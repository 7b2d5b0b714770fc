-- ===== src/Vxlan/Tests.antt =====
-- The theorems on VXLAN tunnels at concrete inputs. Links and addresses are numbers here: link 5 is
-- a VXLAN link with VNI 100 from address 10 to address 20, link 9 a bridge port, and link 3 the
-- physical port 1, over which the next hop has address 40.
use basebox.Prelude.{
  ℕ, suc, ◌≤◌, ◌≡◌, ◌≢◌, ◌⊎◌, refl, true, false, List, [], ◌∷◌, Option, none, some, ℤ, pos, einval,
  is_neg, arith, find, emplace, insert_or_assign, nat_key, pair_key, ◌==◌, if◌then◌else◌,
}
use basebox.Sai.{Call, Log, SwitchInterface}
use basebox.Vxlan.State.{TunnelNh, Neigh, Network, NlVxlan, constructed}
use basebox.Vxlan.Action.{last_result}
use basebox.Vxlan.NextHops.{
  create_next_hop_of_neigh, delete_next_hop, use_next_hop, tunnel_nh_of, enter_next_hop,
  count_next_hop, create_next_hop, create_next_hop_at, first_address, or_remote,
}
use basebox.Vxlan.Vnis.{create_vni, create_tenant, get_tunnel_id, enter_vni, get_tunnel_id_of_link}
use basebox.Vxlan.AccessPorts.{
  lookup_access_port, retry, create_access_port, delete_access_port, make_access_port, join_tenant,
  flood_access_port, get_access_tunnel_port, enter_access_port, is_port_flooding, enable_flooding,
}
use basebox.Vxlan.Endpoints.{
  endpoint_of, or_default, join_tunnel, create_endpoint_to, connect, join_endpoint,
  create_endpoint_port, make_endpoint, ttl_or_default, enter_endpoint, assign_endpoint, one_more,
  vni_users, is_flooding, flood_endpoint, neighs_behind, ignore_zero, no_route,
}
use basebox.Vxlan.Messages.{Request, serve, serve_all, net_reachable_notification}
use basebox.Vxlan.Consistent.{IsConsistent}
use basebox.Vxlan.History.{serve_all-IsConsistent}
use basebox.Vxlan.NextHopPairs.{delete_next_hop-create_next_hop_of_neigh}
use basebox.Vxlan.Tenants.{
  VniRequest, serve_vni, serve_vnis, tenant_of, IsTunnelled, serve_vnis-IsTunnelled,
}
use basebox.Vxlan.AccessPortPairs.{
  retry_bounded, create_access_port_refused, delete_access_port-create_access_port, logged,
  creation, last_answer, replicate, all_refused,
}
use basebox.Vxlan.EndpointCalls.{hop_id, hop_calls, port_calls, flood_calls, addr_calls}
use basebox.Vxlan.Progress.{create_endpoint_to_progress}
use basebox.Vxlan.EndpointErrors.{fresh_endpoint, before_tenant, join_tunnel_refused}

-- A switch that accepts everything, and one that refuses every tenant a port.
abbrev willing : SwitchInterface
willing = record { answer = λ l c. pos 0; created_id = λ l c. 0 }

abbrev to_tenant : Call → ℤ
to_tenant (Call.tunnel_port_tenant_add lport_id tunnel_id) = einval
to_tenant c = pos 0

abbrev no_tenants : SwitchInterface
no_tenants = record { answer = λ l c. to_tenant c; created_id = λ l c. 0 }

abbrev hop : Neigh ℕ
hop = record { ifindex = 3; vlan = 0; lladdr = some 40; dst = none; state = 0 }

-- The zero address is 0, and the entry for an address 50 behind the endpoint.
abbrev behind : Neigh ℕ
behind = record { ifindex = 5; vlan = 0; lladdr = some 50; dst = some 20; state = 0x80 }

abbrev vni_of : ℕ → Option ℕ
vni_of link = if link == 5 then some 100 else if link == 6 then some 200 else none

abbrev network : Network ℕ ℕ
network = record {
  is_inet = λ a. true;
  ipv4 = λ a. a;
  nlall2uint64 = λ a. a;
  mac = λ a. 0;
  same_addr = λ a b. false;
  is_zero = λ a. false;
  is_vxlan = λ l. true;
  is_lt_vxlan = λ l. true;
  vxlan_id = vni_of;
  vxlan_local = λ l. some 10;
  vxlan_group = λ l. some 20;
  vxlan_port = λ l. some 4789;
  vxlan_ttl = λ l. 0;
  get_ifindex = λ l. l;
  get_master = λ l. 9;
  get_addr = λ l. some 30;
  is_bridge = λ l. true;
  unicast_flood = λ l. true;
  get_port_id = λ l. 1;
  get_port_id_of_ifindex = λ i. 1;
  base_link = λ i. some i;
  bridge_link = λ i. some 9;
  get_link_by_ifindex = λ i. some i;
  get_neighbour = λ i a. some hop;
  nexthops_to = λ a. some (record { ifindex = 3; gateway = none; via = none } ∷ []);
  neighs_of = λ i. behind ∷ [];
  neighs_to = λ i a. [];
  vxlan_links = 5 ∷ [];
  port_untagged_vid = 1;
}

abbrev start : NlVxlan ℕ ℕ
start = constructed

start-IsConsistent : IsConsistent start
unfolding find
start-IsConsistent = record {
  to = λ tnh p e. absurd (ground arith);
  from = λ id tnh e. absurd (ground arith);
  below = λ id tnh e positive. absurd (ground arith);
  counter = omega arith;
  balanced = λ ep e at. absurd (ground arith);
}

-- The VNI is created, and the remote address becomes known twice.
abbrev requests : List (Network ℕ ℕ × Request ℕ ℕ)
requests =
    (network, Request.create_vnis 5)
    ∷ (network, Request.reaches 20 5)
    ∷ (network, Request.reaches 20 5)
    ∷ []

abbrev calls_for_vni : Log
calls_for_vni = (Call.overlay_tunnel_add 10, pos 0) ∷ (Call.tunnel_tenant_create 10 100, pos 0) ∷ []

abbrev tnh : TunnelNh
tnh = (30, (40, (1, 1)))

abbrev served : NlVxlan ℕ ℕ
served = record start {
  tunnel_next_hop_id = (tnh, record { refcnt = 2; nh_id = 1 }) ∷ [];
  endpoint_id =
      (
        (10, (20, 4789)),
        record { refcnt = 2; lport_id = 65537; nh_id = 1; refcnt_vni = (100, 2) ∷ [] },
      )
      ∷ [];
  tunnel_next_hop2tnh = (1, tnh) ∷ [];
  next_hop_id_cnt = 2;
  port_id_cnt = 65538;
  tunnel_id_cnt = 11;
  vni2tunnel = (100, 10) ∷ [];
  log =
      (Call.add_l2_overlay_flood 10 65537, pos 0)
      ∷ (Call.tunnel_port_tenant_add 65537 10, pos 0)
      ∷ (Call.add_l2_overlay_flood 10 65537, pos 0)
      ∷ (Call.tunnel_port_tenant_add 65537 10, pos 0)
      ∷ (Call.tunnel_enpoint_create 65537 20 10 45 1 4789 4789 0 true, pos 0)
      ∷ (Call.tunnel_next_hop_create 1 30 40 1 1, pos 0)
      ∷ calls_for_vni;
}

serve_all-IsConsistent_example : IsConsistent served
unfolding serve_all serve last_result create_vni create_tenant get_tunnel_id enter_vni
    net_reachable_notification create_endpoint_to connect create_next_hop create_next_hop_at
    first_address or_remote create_next_hop_of_neigh tunnel_nh_of use_next_hop enter_next_hop
    count_next_hop get_tunnel_id_of_link join_endpoint create_endpoint_port make_endpoint
    endpoint_of or_default ttl_or_default enter_endpoint assign_endpoint one_more vni_users
    join_tunnel is_flooding is_port_flooding flood_endpoint enable_flooding neighs_behind
    ignore_zero no_route find emplace insert_or_assign
serve_all-IsConsistent_example =
    serve_all-IsConsistent willing requests start (pos 0) served refl start-IsConsistent

abbrev with_hop : NlVxlan ℕ ℕ
with_hop = record start {
  tunnel_next_hop_id = (tnh, record { refcnt = 1; nh_id = 1 }) ∷ [];
  tunnel_next_hop2tnh = (1, tnh) ∷ [];
  next_hop_id_cnt = 2;
  log = (Call.tunnel_next_hop_create 1 30 40 1 1, pos 0) ∷ [];
}

delete_next_hop-create_next_hop_of_neigh_example :
    (u : NlVxlan ℕ ℕ) × ((delete_next_hop network willing 1 with_hop ≡ some (pos 0, u))
      × (find tnh u.tunnel_next_hop_id ≡ none))
unfolding create_next_hop_of_neigh use_next_hop enter_next_hop tunnel_nh_of find emplace
    insert_or_assign
delete_next_hop-create_next_hop_of_neigh_example =
    delete_next_hop-create_next_hop_of_neigh network willing hop tnh tnh start with_hop (pos 0) 1
      start-IsConsistent refl (λ p e. absurd (ground (arith, e))) refl refl

start-IsTunnelled : IsTunnelled start
unfolding find
start-IsTunnelled = record {
  standing = λ vni id e. absurd (ground arith);
  below = λ vni id e. absurd (ground arith);
}

-- Two VXLAN links.
abbrev links : List (Network ℕ ℕ × VniRequest ℕ)
links = (network, VniRequest.creates 5) ∷ (network, VniRequest.creates 6) ∷ []

abbrev with_vni : NlVxlan ℕ ℕ
with_vni = record start { tunnel_id_cnt = 11; vni2tunnel = (100, 10) ∷ []; log = calls_for_vni }

-- The tenant of each.
abbrev id_of_vni : ℕ → ℕ
id_of_vni vni = if vni == 100 then 10 else 11

abbrev two_tenants : NlVxlan ℕ ℕ
two_tenants = record start {
  tunnel_id_cnt = 12;
  vni2tunnel = (100, 10) ∷ (200, 11) ∷ [];
  log =
      (Call.overlay_tunnel_add 11, pos 0)
      ∷ (Call.tunnel_tenant_create 11 200, pos 0)
      ∷ calls_for_vni;
}

serve_vnis-IsTunnelled_example :
    (tenant_of 10 two_tenants.log ≡ some 100) × (id_of_vni 100 ≢ id_of_vni 200)
unfolding serve_vnis serve_vni last_result create_vni create_tenant get_tunnel_id enter_vni find
    emplace insert_or_assign
serve_vnis-IsTunnelled_example =
    serve_vnis-IsTunnelled willing links start (pos 0) two_tenants 100 200 10 11 refl (omega arith)
      start-IsTunnelled refl refl (λ e. omega (arith, e))

retry_bounded_example :
    let c = Call.tunnel_port_tenant_add 65537 10 in
    (k : ℕ) × ((k ≤ 1)
      × ((retry network no_tenants 1 c start
            ≡ some (
              last_answer (logged no_tenants (replicate (suc k) c) start.log),
              record start { log = logged no_tenants (replicate (suc k) c) start.log },
            ))
          × ((all_refused no_tenants k c start.log ≡ true)
              × ((k ≡ 1)
                  ⊎ (is_neg (last_answer (logged no_tenants (replicate (suc k) c) start.log))
                      ≡ false)))))
retry_bounded_example =
    retry_bounded network no_tenants 1 (Call.tunnel_port_tenant_add 65537 10) start

abbrev refused_port : NlVxlan ℕ ℕ
refused_port = record start {
  log =
      (Call.tunnel_port_tenant_add 65537 10, einval)
      ∷ (Call.tunnel_access_port_create 65537 1 7 true, pos 0)
      ∷ (Call.ingress_port_vlan_remove 1 7 true 0, pos 0)
      ∷ (Call.egress_bridge_port_vlan_remove 1 7, pos 0)
      ∷ [];
}

create_access_port_refused_example :
    create_access_port network no_tenants 9 10 1 7 true start ≡ some ((einval, none), refused_port)
unfolding find logged creation last_answer
create_access_port_refused_example =
    create_access_port_refused network no_tenants 9 10 1 7 true start (λ e. omega (arith, e))
      (λ e. omega (arith, e)) refl refl refl

abbrev with_port : NlVxlan ℕ ℕ
with_port = record start {
  access_port_ids = ((1, 7), record { lport_id = 65537; tunnel_id = 10 }) ∷ [];
  port_id_cnt = 65538;
  log =
      (Call.add_l2_overlay_flood 10 65537, pos 0)
      ∷ (Call.tunnel_port_tenant_add 65537 10, pos 0)
      ∷ (Call.tunnel_access_port_create 65537 1 7 true, pos 0)
      ∷ (Call.ingress_port_vlan_remove 1 7 true 0, pos 0)
      ∷ (Call.egress_bridge_port_vlan_remove 1 7, pos 0)
      ∷ [];
}

delete_access_port-create_access_port_example :
    (lookup_access_port 1 7 with_port ≡ record { lport_id = 65537; tunnel_id = 10 })
    × ((u : NlVxlan ℕ ℕ) × ((delete_access_port network willing 9 1 7 true with_port
            ≡ some (pos 0, u))
          × (find (1, 7) u.access_port_ids ≡ none)))
unfolding create_access_port make_access_port join_tenant flood_access_port retry
    get_access_tunnel_port lookup_access_port enter_access_port is_port_flooding enable_flooding
    find emplace insert_or_assign
delete_access_port-create_access_port_example =
    delete_access_port-create_access_port network willing 9 10 1 7 true true (1, 7) start with_port
      (pos 0) 65537 refl refl

-- Three endpoints over one next hop, and a new one for link 5 among them.
abbrev shared_hop : NlVxlan ℕ ℕ
shared_hop = record served {
  tunnel_next_hop_id = (tnh, record { refcnt = 3; nh_id = 1 }) ∷ [];
  endpoint_id =
      (
        (10, (20, 4789)),
        record { refcnt = 1; lport_id = 65537; nh_id = 1; refcnt_vni = (100, 1) ∷ [] },
      )
      ∷ [];
}

join_tunnel_refused_example :
    (t : NlVxlan ℕ ℕ) × ((join_tunnel network no_tenants 5 none 10 20 1 65537 10 shared_hop
        ≡ some (einval, t))
      × ((find (endpoint_of network no_tenants 5 10 20) t.endpoint_id ≡ none)
          × (find tnh t.tunnel_next_hop_id ≡ some (record { refcnt = 1; nh_id = 1 }))))
unfolding find endpoint_of or_default fresh_endpoint logged before_tenant
join_tunnel_refused_example =
    join_tunnel_refused network no_tenants 5 10 20 100 10 65537 1 shared_hop tnh
      (record { refcnt = 3; nh_id = 1 }) refl refl refl refl refl (omega arith) (omega arith) refl
      none refl

create_endpoint_to_progress_example :
    (t : NlVxlan ℕ ℕ) × ((create_endpoint_to network willing 5 (some 9) 20 with_vni
        ≡ some (pos 0, t))
      × ((find (endpoint_of network willing 5 10 20) t.endpoint_id
            ≡ some (fresh_endpoint 65537 (hop_id tnh with_vni) 100))
          × (t.log
              ≡ logged willing
                  (addr_calls network willing (neighs_behind network willing 5 20) 65537 10)
                  (logged willing (flood_calls network willing (some 9) 65537 10) (
                    logged willing
                      (port_calls network willing 5 10 20 (hop_id tnh with_vni) 65537 10)
                      (logged willing (hop_calls tnh with_vni) with_vni.log))))))
unfolding find first_address or_remote tunnel_nh_of endpoint_of
create_endpoint_to_progress_example =
    create_endpoint_to_progress network willing (λ l c. refl) (some 9) 5 10 20
      (record { ifindex = 3; gateway = none; via = none }) [] hop tnh 100 10 with_vni (λ b e. refl)
      refl refl refl refl refl refl (λ e. omega (arith, e)) (λ e. omega (arith, e))
      (λ e. omega (arith, e)) refl refl refl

PROBLEM REQUIREMENTS » From the records above, print exactly the lines that run from the line with "(network, Request.create_vnis 5)" to the line with "abbrev tnh : TunnelNh", inclusive.

OUTPUT OF THE EXERCISE »
    (network, Request.create_vnis 5)
    ∷ (network, Request.reaches 20 5)
    ∷ (network, Request.reaches 20 5)
    ∷ []

abbrev calls_for_vni : Log
calls_for_vni = (Call.overlay_tunnel_add 10, pos 0) ∷ (Call.tunnel_tenant_create 10 100, pos 0) ∷ []

abbrev tnh : TunnelNh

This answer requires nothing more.